Sampai dengan tahun 2025, dengan makin menipisnya cadangan minyak bumi di Indonesia, maka batubara telah diproyeksikan sebagai sumber energi utama pengganti minyak bumi. Jika kita menengok kembali kebijakan energi pemerintah dalam "Energi Mix 2025" maka terdapat didalamnya kontribusi batubara yang dicairkan sebesar 2 %.
Agar batubara dapat diubah menjadi bahan bakar gas dan cair, maka harus dilakukan proses gasifikasi dan pencairan batubara (coal liquefaction). Lalu, apa itu pencairan batubara? Jawaban yang sederhana, yaitu: produksi bahan bakar sintetis berbahan baku batubara, umumnya dari jenis batubara yang berkualitas rendah.
Adapun proses pencairan (liquefaction) ini dibedakan antara proses yang indirect coal liquefaction (tidak langsung) dan direct coal liquefaction (langsung). Saya tidak akan membahas bagaimana proses-proses pembuatan batubara cair, tetapi akan lebih memperkenalkan batubara cair secara singkat, meliputi teknologi, keuntungan dan kekurangan serta prospeknya.
Teknologi Yang Ada
Pembuatan bahan bakar sintesis berbasis batubara telah berkembang pesat, sejak pertama kali dilakukan di Jerman tahun 1900-an dengan menggunakan proses sintesis Fischer-Tropsch yang dikembangkan Franz Fisher dan Hans Tropsch. Pada 1930, disamping menggunakan metode proses sintesis Fischer-Tropsch, proses Bergius mulai dikembangkan pula untuk memproduksi bahan bakar sintetis.

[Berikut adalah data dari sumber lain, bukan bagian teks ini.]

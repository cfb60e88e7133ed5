-- ===== src/ApiError/Laws.antt =====
-- What is known of every error.
use snow_cli.Base.{
  unwrap_or, and_then, refl, none, text_eq_iff, sym, subst, Bool-cases, text_eq, any, List, All,
  inr, inl, [], ◌∷◌, true, codes, take, length-append, length-take, arith, length, Option, ℕ, Text,
  ◌≤◌, ◌+◌, some, ◌≡◌,
}
use snow_cli.Json.{Value}
use snow_cli.ApiError.{
  safe_error_detail, error_of, parse_envelope, shown_detail, map_detail, bounded, oauth_names,
  from_envelope, oauth_error_name, Envelope, shown, refine_code, ApiError, from_status, bound_chars,
  by_status,
}
use snow_cli.ApiError.Scrub.{scrub_secrets}

pub length-bound_chars : (text : Text) (n : ℕ) → length (bound_chars text n) ≤ n + 15
unfolding bound_chars
length-bound_chars text n =
    ground (arith, length-take n text, length-append (take n text) (codes "... <truncated>"))

-- No text of an error made of a response that passes the bound.
abbrev pub IsBounded : ApiError → Type 0
IsBounded error =
    (length error.code ≤ 20)
    × (length error.message ≤ 515)
    × ((detail : Text) → error.detail ≡ some (shown detail) → length detail ≤ 515)

length-by_status :
    (status : ℕ) → (length (by_status status).0 ≤ 20) × (length (by_status status).1 ≤ 30)
unfolding by_status
length-by_status status = ground arith

length-refine_code :
    (status : ℕ) (message : Text) (detail : Option Text) (code : Text)
    → refine_code status message detail ≡ some code
    → length code ≤ 20
unfolding refine_code
length-refine_code status message detail code h = ground arith

any-text_eq :
    (P : Text → Type 0) (name : Text) (names : List Text)
    → All P names
    → any (text_eq name) names ≡ true
    → P name
any-text_eq P name [] all_names h = absurd (ground arith)
any-text_eq P name (first ∷ names) all_names h = elim (Bool-cases (text_eq name first)) [
  | inl same ↦ subst P (sym ((text_eq_iff name first).0 same)) all_names.0
  | inr other ↦ any-text_eq P name names all_names.1 (ground arith)
]

oauth_names_lem : All (λ name. length name ≤ 25) oauth_names
oauth_names_lem = ground arith

length-bounded : (text : Text) → length (bounded text) ≤ 515
length-bounded text = length-bound_chars (scrub_secrets text) 500

length-unwrap_or :
    (o : Option Text) (other : Text) (n : ℕ)
    → ((text : Text) → o ≡ some text → length text ≤ n)
    → length other ≤ n
    → length (unwrap_or o other) ≤ n
length-unwrap_or none other n given h = h
length-unwrap_or (some text) other n given h = given text refl

length-shown_detail :
    (o : Option Text) (text : Text)
    → shown_detail (map_detail o) ≡ some (shown text)
    → length text ≤ 515
length-shown_detail none text h = absurd (ground arith)
length-shown_detail (some detail) text h = ground (arith, length-bounded detail)

from_envelope-IsBounded :
    (status : ℕ) (instance_url : Text) (envelope : Envelope)
    → IsBounded (from_envelope status instance_url envelope)
from_envelope-IsBounded status instance_url envelope =
    let message = bounded envelope.envelope_message in
    let detail = map_detail envelope.envelope_detail in
    (
      length-unwrap_or (refine_code status message detail) (by_status status).0 20
          (length-refine_code status message detail) (length-by_status status).0,
      length-bounded envelope.envelope_message,
      length-shown_detail envelope.envelope_detail,
    )

error_of-IsBounded :
    (status : ℕ) (instance_url : Text) (body name : Option Text) (envelope : Option Envelope)
    → ((text : Text) → name ≡ some text → length text ≤ 25)
    → IsBounded (error_of status instance_url body name envelope)
      × ((error_of status instance_url body name envelope).status ≡ status)
      × ((error_of status instance_url body name envelope).instance_url ≡ instance_url)
unfolding error_of safe_error_detail
error_of-IsBounded status instance_url body (some name) envelope h =
    let code_bound = (length-by_status status).0 in
    let name_bound = h name refl in
    let prefix = length-append (codes "OAuth2 token request failed: ") name in
    ((code_bound, ground arith, λ text k. absurd (ground arith)), refl, refl)
error_of-IsBounded status instance_url body none (some envelope) h =
    (from_envelope-IsBounded status instance_url envelope, refl, refl)
error_of-IsBounded status instance_url none none none h =
    let bounds = length-by_status status in
    ((bounds.0, ground arith, λ text k. absurd (ground arith)), refl, refl)
error_of-IsBounded status instance_url (some body) none none h =
    let bounds = length-by_status status in
    ((bounds.0, ground arith, λ text k. ground arith), refl, refl)

module _ {N : Type 0} (parse_json : Text → Option (Value N)) where
  length-oauth_error_name :
      (body name : Text) → oauth_error_name parse_json body ≡ some name → length name ≤ 25
  unfolding oauth_error_name
  length-oauth_error_name body name h =
      ground (arith, any-text_eq (λ n. length n ≤ 25) name oauth_names oauth_names_lem)

  -- The code of an error made of a response has at most 20 characters, its message 515, and so has its
  -- detail where that is shown, whatever the body; the status and the instance are the response's.
  pub from_status-IsBounded :
      (status : ℕ) (instance_url : Text) (body : Option Text)
      → IsBounded (from_status parse_json status instance_url body)
        × ((from_status parse_json status instance_url body).status ≡ status)
        × ((from_status parse_json status instance_url body).instance_url ≡ instance_url)
  unfolding from_status
  from_status-IsBounded status instance_url body =
      error_of-IsBounded status instance_url body (and_then body (oauth_error_name parse_json))
        (and_then body (parse_envelope parse_json)) (by_body body)
    where
      by_body :
          (o : Option Text) (name : Text)
          → and_then o (oauth_error_name parse_json) ≡ some name
          → length name ≤ 25
      by_body none name h = absurd (ground arith)
      by_body (some text) name h = length-oauth_error_name text name h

Selanjutnya, Jepang dengan NEDO (the New Energy Development Organization) mengembangan teknologi pencairan batubara kualitas rendah. Hal ini mempertimbangkan hasil identifikasi para peneliti NEDO, bahwa cadangan batubara di dunia pada umumnya tidak berkualitas baik, bahkan setengahnya merupakan batubara dengan kualitas rendah atau berkalori rendah (low rank coal), yakni kurang dari 5.100 kalori, seperti: sub-bituminous coal dan brown coal. Kedua jenis batubara tersebut dikenal lebih banyak mengandung air.

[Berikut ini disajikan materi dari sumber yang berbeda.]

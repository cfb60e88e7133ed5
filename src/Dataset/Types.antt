-- ===== src/Dataset/Types.antt =====
-- The types of cli/commands/data/types.rs that packages of tables are made of, and the values of a
-- record as text. A number's text and the deserialization of a placeholder are parameters.
use snow_cli.Base.{
  or_else, text_eq, codes, ℕ, Text, Option, List, if◌then◌else◌, true, false, some, none,
}
use snow_cli.Json.{
  Value, Members, null, bool, number, string, array, object, no_members, member_then,
}

pub record Reference : Type 0 where
  pub field : Text
  pub target_table : Text
  pub source_key : Text
  pub target_key : Text

pub record Marker : Type 0 where
  pub marker_table : Text
  pub marker_source_key : Text
  pub marker_target_key : Text
  pub source_value : Text

-- `DatasetTableSpec`, without its limit and its order, which the request takes.
pub record TableSpec : Type 0 where
  pub spec_name : Text
  pub spec_file : Option Text
  pub spec_query : Option Text
  pub spec_fields : Option (List Text)
  pub spec_depends_on : List Text
  pub spec_references : List Reference

pub record ManifestTable : Type 0 where
  pub manifest_name : Text
  pub file : Text
  pub record_count : ℕ
  pub depends_on : List Text
  pub references : List Reference

abbrev pub Fields : Type 0 → Type 0
Fields N = List (Text × Value N)

pub record TableRecord (N : Type 0) : Type 0 where
  pub source_sys_id : Option Text
  pub fields : Fields N

pub record Artifact (N : Type 0) : Type 0 where
  pub artifact_table : Text
  pub source_key_fields : List Text
  pub records : List (TableRecord N)

pub record Reading (N : Type 0) : Type 0 where
  pub number_text : N → Text
  pub read_placeholder : Value N → Option Marker

pub data PackageError : Type 0 where
  missing_dependency : (table dep : Text) → PackageError
  dependency_cycle : List Text → PackageError
  duplicate_table missing_table missing_artifact : Text → PackageError
  unresolvable : (table : Text) → Reference → (sys_id : Text) → PackageError
  invalid_name : Text → PackageError
  unmapped : Reference → Marker → PackageError

-- What `json!` makes of a marker.
abbrev pub placeholder_of : {N : Type 0} → Marker → Value N
placeholder_of marker = object (
    member_then (codes "__reference")
      (object (
        member_then (codes "target_table") (string marker.marker_table) (
          member_then (codes "source_key") (string marker.marker_source_key) (
            member_then (codes "target_key") (string marker.marker_target_key)
              (member_then (codes "source_value") (string marker.source_value) no_members)))))
      no_members)

module _ {N : Type 0} (reading : Reading N) where
  unfoldable mutual
    pub json_value_as_text : Value N → Option Text
    json_value_as_text null = none
    json_value_as_text (string text) = some text
    json_value_as_text (bool true) = some (codes "true")
    json_value_as_text (bool false) = some (codes "false")
    json_value_as_text (number n) = some (reading.number_text n)
    json_value_as_text (object members) =
        or_else (member_as_text (codes "value") members)
          (member_as_text (codes "display_value") members)
    json_value_as_text (array items) = none

    -- `map.get(key).and_then(json_value_as_text)`
    pub member_as_text : Text → Members N → Option Text
    member_as_text key no_members = none
    member_as_text key (member_then name value rest) =
        let text = json_value_as_text value in
        let found = member_as_text key rest in if text_eq name key then text else found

Proses pencairan batubara yang dikembangkan mereka diberi nama Brown Coal Liquefaction Technology (BCL). Teknologi Jepang ini mengubah kualitas batubara yang rendah menjadi produk yang berguna secara ekonomis dan dapat menghasilkan bahan bakar berkualitas serta ramah lingkungan. Batubara telah dikonversi menjadi energi bernilai tambah tinggi dengan BCL!
Pada prinsipnya, proses pencairan batubara melalui beberapa langkah [1]:
Keuntungan:
Kekurangan:
Prospek Batubara Yang Dicairkan
Potensi Batubara di Indonesia, diperkirakan baru akan habis setelah 75 tahun, dengan sumber daya tersedia: 104,7 miliar ton. Cadangan yang ada: 18,7 miliar ton. Sedangkan produksi baru mencapai: 250 juta ton pada 2008 [2].

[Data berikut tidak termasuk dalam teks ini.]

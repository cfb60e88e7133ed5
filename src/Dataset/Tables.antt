-- ===== src/Dataset/Tables.antt =====
-- The orders of tables, and the keys by which others refer to them, of cli/commands/data/package.rs.
use snow_cli.Base.{
  is_some, unwrap_or, map, Text, Option, List, Result, if◌then◌else◌, ◌∷◌, [], ◌++◌, some, none, ok,
  err,
}
use snow_cli.Trees.{has, add, put, entry_at}
use snow_cli.Dataset.Order.{Deps, topo_sort_dependencies}
use snow_cli.Dataset.Types.{
  Reference, TableSpec, ManifestTable, PackageError, missing_dependency, dependency_cycle,
  duplicate_table,
}

-- What the two functions of the order read of a table: its name, and what it depends on.
pub record Node : Type 0 where
  pub name : Text
  pub needed : List Text
  pub referred : List Reference

abbrev pub spec_node : TableSpec → Node
spec_node spec = record {
  name = spec.spec_name;
  needed = spec.spec_depends_on;
  referred = spec.spec_references;
}

abbrev pub manifest_node : ManifestTable → Node
manifest_node table = record {
  name = table.manifest_name;
  needed = table.depends_on;
  referred = table.references;
}

-- A set of all the texts.
abbrev pub set_of : List Text → List Text
set_of [] = []
set_of (x ∷ xs) = add x (set_of xs)

abbrev pub deps_of : Node → List Text
deps_of node = set_of (node.needed ++ map (λ reference. reference.target_table) node.referred)

-- The first dependency that is no table.
abbrev pub absent_in : List Text → List Text → Option Text
absent_in names [] = none
absent_in names (dep ∷ deps) =
    let rest = absent_in names deps in if has dep names then rest else some dep

-- The loop over the tables; a table that comes again replaces the first.
abbrev pub collect : List Text → List Node → Deps → Result PackageError Deps
collect names [] deps = ok deps
collect names (node ∷ nodes) deps = elim (absent_in names (deps_of node)) [
  | none ↦ collect names nodes (put node.name (deps_of node) deps)
  | some dep ↦ err (missing_dependency node.name dep)
]

abbrev pub sorted :
    Option (Result (List Text) (List Text)) → Option (Result PackageError (List Text))
sorted none = none
sorted (some (ok order)) = some (ok order)
sorted (some (err tables)) = some (err (dependency_cycle tables))

abbrev pub names_of : List Node → List Text
names_of = map (λ node. node.name)

-- `topological_table_order` and `topological_manifest_order`
unfoldable pub topological_order : List Node → Option (Result PackageError (List Text))
topological_order nodes = elim (collect (names_of nodes) nodes []) [
  | err e ↦ some (err e)
  | ok deps ↦ sorted (topo_sort_dependencies deps)
]

-- The keys of a table that references read.
abbrev pub Keys : Type 0
Keys = List (Text × List Text)

abbrev pub add_references : List Reference → Keys → Keys
add_references [] required = required
add_references (reference ∷ references) required =
    let known = unwrap_or (entry_at reference.target_table required) [] in
    add_references references (put reference.target_table (add reference.source_key known) required)

-- `required_source_keys` and `required_source_keys_from_manifest`
abbrev pub required_from : List Node → Keys → Keys
required_from [] required = required
required_from (node ∷ nodes) required = required_from nodes (add_references node.referred required)

unfoldable pub required_source_keys : List Node → Keys
required_source_keys nodes = required_from nodes []

-- `manifest_table_map`
abbrev pub map_from :
    List ManifestTable
    → List (Text × ManifestTable)
    → Result PackageError (List (Text × ManifestTable))
map_from [] tables = ok tables
map_from (table ∷ rest) tables =
    let next = map_from rest (put table.manifest_name table tables) in
    if is_some (entry_at table.manifest_name tables)
    then err (duplicate_table table.manifest_name)
    else next

unfoldable pub manifest_table_map :
    List ManifestTable → Result PackageError (List (Text × ManifestTable))
manifest_table_map tables = map_from tables []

Batubara cair (Coal To Liquids/CTL) merupakan energi alternatif yang dapat dipakai sebagai substitusi Bahan Bakar Minyak (BBM), apalagi dengan harga minyak bumi - pada saat artikel ini ditulis - sedang berada di harga $82.14 dollar AS.
Produk utama FT diesel memiliki kualitas yang lebih tinggi dibanding diesel berbasis minyak bumi. Maka, bahan bakar cair sintetis berpeluang meningkatkan kualitas BBM melalui "blending". Salah satu tolok ukurnya adalah kandungan sulfur dalam diesel. Untuk yang terakhir ini Indonesia tertinggal dalam regulasi kualitas BBM di kawasan Asia Tenggara, khususnya tentang kandungan sulfur yang diijinkan dalam BBM Diesel, contohnya, Thailand dan Singapura telah mematok tidak lebih dari 500 ppm, namun Indonesia mengijinkan hingga: 3.000 ppm [3]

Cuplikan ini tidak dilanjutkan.